# Dataset entries:
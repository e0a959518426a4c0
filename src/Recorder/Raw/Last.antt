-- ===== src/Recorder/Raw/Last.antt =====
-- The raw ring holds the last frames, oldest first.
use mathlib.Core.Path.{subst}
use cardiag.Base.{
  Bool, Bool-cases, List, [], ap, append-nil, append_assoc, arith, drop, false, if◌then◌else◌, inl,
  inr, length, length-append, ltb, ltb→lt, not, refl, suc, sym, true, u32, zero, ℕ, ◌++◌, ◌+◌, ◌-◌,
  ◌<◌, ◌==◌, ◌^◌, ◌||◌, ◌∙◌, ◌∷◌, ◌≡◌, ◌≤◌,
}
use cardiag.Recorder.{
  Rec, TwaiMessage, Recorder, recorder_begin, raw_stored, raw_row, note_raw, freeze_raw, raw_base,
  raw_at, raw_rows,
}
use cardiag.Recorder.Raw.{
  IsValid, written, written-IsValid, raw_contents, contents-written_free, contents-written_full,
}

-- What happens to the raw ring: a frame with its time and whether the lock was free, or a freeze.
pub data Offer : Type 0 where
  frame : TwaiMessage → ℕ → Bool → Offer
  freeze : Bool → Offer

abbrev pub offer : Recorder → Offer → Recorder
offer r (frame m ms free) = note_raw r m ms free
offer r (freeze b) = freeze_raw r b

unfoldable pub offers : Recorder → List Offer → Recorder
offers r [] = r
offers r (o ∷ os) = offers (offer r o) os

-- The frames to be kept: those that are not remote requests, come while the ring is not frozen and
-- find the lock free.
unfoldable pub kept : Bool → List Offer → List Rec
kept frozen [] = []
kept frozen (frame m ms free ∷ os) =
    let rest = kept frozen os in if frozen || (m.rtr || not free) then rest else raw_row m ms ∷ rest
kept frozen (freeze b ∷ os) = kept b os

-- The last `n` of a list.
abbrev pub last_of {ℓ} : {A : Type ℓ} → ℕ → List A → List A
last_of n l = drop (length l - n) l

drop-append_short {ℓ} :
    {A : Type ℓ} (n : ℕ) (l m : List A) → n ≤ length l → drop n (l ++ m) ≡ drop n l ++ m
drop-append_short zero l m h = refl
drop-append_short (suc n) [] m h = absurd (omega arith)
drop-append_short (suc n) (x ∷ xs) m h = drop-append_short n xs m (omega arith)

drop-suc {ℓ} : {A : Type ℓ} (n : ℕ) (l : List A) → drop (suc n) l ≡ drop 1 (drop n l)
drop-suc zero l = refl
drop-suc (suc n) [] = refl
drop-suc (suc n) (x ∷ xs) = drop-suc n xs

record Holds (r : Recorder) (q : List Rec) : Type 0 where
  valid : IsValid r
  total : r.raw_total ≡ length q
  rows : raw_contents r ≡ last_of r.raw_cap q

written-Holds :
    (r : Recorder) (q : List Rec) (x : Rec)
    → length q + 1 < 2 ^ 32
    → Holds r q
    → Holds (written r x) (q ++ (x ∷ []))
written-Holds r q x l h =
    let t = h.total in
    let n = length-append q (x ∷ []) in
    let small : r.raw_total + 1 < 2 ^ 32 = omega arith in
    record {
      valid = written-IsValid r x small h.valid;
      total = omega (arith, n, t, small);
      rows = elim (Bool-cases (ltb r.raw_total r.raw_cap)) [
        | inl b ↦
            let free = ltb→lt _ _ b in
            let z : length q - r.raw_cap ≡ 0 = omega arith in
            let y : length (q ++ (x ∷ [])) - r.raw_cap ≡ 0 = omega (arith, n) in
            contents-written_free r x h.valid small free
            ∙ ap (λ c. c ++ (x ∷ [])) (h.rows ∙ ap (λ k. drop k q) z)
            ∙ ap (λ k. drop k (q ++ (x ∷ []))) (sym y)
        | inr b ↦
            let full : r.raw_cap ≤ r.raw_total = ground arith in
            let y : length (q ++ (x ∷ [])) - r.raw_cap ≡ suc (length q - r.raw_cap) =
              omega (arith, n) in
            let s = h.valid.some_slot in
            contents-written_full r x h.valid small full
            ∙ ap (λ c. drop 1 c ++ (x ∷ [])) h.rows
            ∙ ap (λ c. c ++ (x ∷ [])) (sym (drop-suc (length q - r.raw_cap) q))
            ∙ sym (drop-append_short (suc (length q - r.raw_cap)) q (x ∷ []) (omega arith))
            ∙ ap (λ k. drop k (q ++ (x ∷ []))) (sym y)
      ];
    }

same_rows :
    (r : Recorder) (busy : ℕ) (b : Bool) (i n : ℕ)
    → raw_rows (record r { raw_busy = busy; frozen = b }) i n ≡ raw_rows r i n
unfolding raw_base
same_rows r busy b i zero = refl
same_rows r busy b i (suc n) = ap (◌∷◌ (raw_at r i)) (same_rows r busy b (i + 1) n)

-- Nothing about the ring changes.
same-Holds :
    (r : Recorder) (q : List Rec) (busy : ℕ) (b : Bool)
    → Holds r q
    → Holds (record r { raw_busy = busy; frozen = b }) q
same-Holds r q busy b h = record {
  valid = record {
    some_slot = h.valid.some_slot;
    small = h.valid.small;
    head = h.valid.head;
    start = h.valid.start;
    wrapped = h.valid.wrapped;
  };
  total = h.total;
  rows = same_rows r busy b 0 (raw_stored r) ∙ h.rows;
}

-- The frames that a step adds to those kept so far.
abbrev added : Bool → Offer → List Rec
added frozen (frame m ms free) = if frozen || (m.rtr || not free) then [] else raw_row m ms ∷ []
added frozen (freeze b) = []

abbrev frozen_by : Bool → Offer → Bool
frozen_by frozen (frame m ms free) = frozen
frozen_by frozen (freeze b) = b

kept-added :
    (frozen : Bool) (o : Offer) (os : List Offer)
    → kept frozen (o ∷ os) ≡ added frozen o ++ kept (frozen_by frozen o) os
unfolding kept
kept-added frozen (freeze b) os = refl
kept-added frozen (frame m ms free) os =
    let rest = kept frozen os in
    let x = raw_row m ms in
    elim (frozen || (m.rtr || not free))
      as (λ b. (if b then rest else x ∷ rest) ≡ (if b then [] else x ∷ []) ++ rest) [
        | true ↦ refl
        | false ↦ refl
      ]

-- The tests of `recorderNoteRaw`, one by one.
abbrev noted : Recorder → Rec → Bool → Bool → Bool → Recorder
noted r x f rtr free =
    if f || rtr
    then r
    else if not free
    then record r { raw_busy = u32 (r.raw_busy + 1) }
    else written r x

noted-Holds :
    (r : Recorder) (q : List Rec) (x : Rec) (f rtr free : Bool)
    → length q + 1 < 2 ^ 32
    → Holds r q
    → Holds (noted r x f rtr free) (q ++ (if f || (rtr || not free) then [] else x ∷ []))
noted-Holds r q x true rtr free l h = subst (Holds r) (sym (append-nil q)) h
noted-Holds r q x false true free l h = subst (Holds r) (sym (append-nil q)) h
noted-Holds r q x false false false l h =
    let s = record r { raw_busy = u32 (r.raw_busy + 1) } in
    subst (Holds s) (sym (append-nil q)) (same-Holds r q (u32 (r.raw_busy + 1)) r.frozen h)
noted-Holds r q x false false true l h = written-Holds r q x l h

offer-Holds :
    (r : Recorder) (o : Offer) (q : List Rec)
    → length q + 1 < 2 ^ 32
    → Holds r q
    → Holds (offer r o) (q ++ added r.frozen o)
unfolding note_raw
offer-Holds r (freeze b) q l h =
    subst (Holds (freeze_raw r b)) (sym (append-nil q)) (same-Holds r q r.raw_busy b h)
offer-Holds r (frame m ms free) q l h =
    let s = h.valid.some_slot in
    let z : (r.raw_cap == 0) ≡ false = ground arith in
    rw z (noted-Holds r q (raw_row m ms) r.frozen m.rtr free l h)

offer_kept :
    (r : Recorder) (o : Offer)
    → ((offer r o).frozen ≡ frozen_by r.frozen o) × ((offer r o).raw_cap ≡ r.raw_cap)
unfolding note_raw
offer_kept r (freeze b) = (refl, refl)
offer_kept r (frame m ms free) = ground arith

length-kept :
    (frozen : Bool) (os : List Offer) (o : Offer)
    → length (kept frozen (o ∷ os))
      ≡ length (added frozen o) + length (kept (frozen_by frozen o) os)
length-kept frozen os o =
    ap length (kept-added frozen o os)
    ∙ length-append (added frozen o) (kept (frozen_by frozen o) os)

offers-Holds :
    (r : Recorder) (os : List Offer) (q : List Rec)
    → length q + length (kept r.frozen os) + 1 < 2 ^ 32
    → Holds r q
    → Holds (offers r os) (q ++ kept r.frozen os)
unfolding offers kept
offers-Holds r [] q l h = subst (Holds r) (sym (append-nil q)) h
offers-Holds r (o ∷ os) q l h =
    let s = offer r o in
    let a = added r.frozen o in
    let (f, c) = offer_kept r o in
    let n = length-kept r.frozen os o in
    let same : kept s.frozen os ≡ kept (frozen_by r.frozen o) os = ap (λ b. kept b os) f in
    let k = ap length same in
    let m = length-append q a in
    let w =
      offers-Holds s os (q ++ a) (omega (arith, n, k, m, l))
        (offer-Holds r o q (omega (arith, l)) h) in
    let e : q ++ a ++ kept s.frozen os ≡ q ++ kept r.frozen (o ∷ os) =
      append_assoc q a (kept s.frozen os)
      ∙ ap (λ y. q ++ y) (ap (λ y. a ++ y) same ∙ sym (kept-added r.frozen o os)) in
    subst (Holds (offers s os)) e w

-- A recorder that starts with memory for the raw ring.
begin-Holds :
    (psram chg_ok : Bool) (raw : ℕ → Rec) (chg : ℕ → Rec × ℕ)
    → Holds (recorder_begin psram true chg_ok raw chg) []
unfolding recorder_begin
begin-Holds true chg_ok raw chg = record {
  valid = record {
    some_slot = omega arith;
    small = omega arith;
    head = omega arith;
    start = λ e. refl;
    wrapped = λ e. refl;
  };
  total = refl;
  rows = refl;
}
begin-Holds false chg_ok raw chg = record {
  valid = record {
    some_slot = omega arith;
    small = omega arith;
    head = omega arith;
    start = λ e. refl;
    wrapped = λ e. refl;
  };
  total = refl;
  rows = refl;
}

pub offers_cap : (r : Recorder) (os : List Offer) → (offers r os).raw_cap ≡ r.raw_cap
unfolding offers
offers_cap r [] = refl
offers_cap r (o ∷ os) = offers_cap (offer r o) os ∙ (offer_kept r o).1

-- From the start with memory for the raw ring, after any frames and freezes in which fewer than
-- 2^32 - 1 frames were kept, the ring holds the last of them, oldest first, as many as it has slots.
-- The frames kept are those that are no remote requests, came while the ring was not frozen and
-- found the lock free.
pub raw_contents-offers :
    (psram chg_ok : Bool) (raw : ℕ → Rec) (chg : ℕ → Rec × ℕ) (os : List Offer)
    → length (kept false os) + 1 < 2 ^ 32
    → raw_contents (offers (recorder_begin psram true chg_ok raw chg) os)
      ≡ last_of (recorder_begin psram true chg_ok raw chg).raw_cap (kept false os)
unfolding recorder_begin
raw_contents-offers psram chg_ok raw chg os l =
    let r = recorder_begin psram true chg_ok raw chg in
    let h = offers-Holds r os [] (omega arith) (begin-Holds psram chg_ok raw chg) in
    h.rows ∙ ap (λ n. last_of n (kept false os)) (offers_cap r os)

* * *

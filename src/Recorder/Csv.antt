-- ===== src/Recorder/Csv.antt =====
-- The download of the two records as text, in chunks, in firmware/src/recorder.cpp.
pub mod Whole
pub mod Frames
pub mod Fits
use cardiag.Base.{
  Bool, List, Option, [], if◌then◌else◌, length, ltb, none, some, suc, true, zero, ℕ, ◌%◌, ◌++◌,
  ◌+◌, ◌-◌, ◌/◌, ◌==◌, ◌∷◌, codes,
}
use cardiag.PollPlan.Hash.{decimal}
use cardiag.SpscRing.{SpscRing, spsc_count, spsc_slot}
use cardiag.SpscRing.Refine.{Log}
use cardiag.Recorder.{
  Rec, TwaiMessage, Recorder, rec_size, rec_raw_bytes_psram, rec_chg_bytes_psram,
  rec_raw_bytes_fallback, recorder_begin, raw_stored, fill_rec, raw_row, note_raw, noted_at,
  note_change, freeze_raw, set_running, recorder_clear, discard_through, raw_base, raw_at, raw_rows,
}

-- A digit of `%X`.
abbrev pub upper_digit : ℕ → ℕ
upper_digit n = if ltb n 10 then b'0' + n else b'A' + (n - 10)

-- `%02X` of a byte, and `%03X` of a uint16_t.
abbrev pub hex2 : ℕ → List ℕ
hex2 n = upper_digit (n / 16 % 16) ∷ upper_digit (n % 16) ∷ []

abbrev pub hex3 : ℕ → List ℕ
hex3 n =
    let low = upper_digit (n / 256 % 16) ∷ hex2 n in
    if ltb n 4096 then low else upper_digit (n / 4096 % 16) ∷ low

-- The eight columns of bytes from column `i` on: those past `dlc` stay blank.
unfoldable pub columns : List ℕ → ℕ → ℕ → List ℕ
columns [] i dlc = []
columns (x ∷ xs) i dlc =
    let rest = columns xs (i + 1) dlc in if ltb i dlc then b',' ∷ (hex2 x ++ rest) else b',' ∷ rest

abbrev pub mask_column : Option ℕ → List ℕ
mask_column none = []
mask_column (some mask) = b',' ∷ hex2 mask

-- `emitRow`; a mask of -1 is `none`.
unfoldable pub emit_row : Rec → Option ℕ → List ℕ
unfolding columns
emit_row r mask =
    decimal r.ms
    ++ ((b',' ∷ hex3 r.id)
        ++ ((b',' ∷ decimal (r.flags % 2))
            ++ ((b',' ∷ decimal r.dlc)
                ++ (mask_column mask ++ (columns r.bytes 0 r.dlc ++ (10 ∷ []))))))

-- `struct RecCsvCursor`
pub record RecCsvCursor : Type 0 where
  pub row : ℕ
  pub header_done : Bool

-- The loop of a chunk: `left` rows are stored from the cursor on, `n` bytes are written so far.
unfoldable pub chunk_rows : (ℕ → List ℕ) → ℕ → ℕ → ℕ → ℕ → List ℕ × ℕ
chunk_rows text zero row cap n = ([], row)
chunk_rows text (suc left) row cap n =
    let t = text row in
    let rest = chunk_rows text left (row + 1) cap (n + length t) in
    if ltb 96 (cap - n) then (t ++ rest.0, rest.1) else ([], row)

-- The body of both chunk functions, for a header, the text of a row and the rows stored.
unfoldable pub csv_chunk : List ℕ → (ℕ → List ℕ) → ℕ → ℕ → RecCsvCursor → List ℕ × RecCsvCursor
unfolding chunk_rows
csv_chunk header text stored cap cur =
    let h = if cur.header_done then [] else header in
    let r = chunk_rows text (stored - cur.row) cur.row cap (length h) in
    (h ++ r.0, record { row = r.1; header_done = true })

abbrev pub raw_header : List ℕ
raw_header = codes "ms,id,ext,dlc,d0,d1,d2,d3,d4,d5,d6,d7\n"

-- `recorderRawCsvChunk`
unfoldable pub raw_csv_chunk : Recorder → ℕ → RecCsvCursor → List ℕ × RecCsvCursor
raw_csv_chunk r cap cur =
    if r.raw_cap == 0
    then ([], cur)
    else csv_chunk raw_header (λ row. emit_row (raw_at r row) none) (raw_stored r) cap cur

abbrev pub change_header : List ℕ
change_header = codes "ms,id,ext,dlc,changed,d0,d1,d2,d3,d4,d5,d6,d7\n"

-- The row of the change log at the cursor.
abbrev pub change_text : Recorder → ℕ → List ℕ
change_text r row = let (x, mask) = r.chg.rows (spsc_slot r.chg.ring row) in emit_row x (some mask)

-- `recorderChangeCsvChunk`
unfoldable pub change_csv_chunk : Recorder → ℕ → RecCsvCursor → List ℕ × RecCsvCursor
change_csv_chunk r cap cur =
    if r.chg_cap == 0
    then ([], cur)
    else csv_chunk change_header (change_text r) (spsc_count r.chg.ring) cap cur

# Task description:
Retype only this portion of the data above: the line containing "abbrev pub change_header : List ℕ", the line containing "else csv_chunk change_header", and all lines between them, exactly.

# Exercise solution:
abbrev pub change_header : List ℕ
change_header = codes "ms,id,ext,dlc,changed,d0,d1,d2,d3,d4,d5,d6,d7\n"

-- The row of the change log at the cursor.
abbrev pub change_text : Recorder → ℕ → List ℕ
change_text r row = let (x, mask) = r.chg.rows (spsc_slot r.chg.ring row) in emit_row x (some mask)

-- `recorderChangeCsvChunk`
unfoldable pub change_csv_chunk : Recorder → ℕ → RecCsvCursor → List ℕ × RecCsvCursor
change_csv_chunk r cap cur =
    if r.chg_cap == 0
    then ([], cur)
    else csv_chunk change_header (change_text r) (spsc_count r.chg.ring) cap cur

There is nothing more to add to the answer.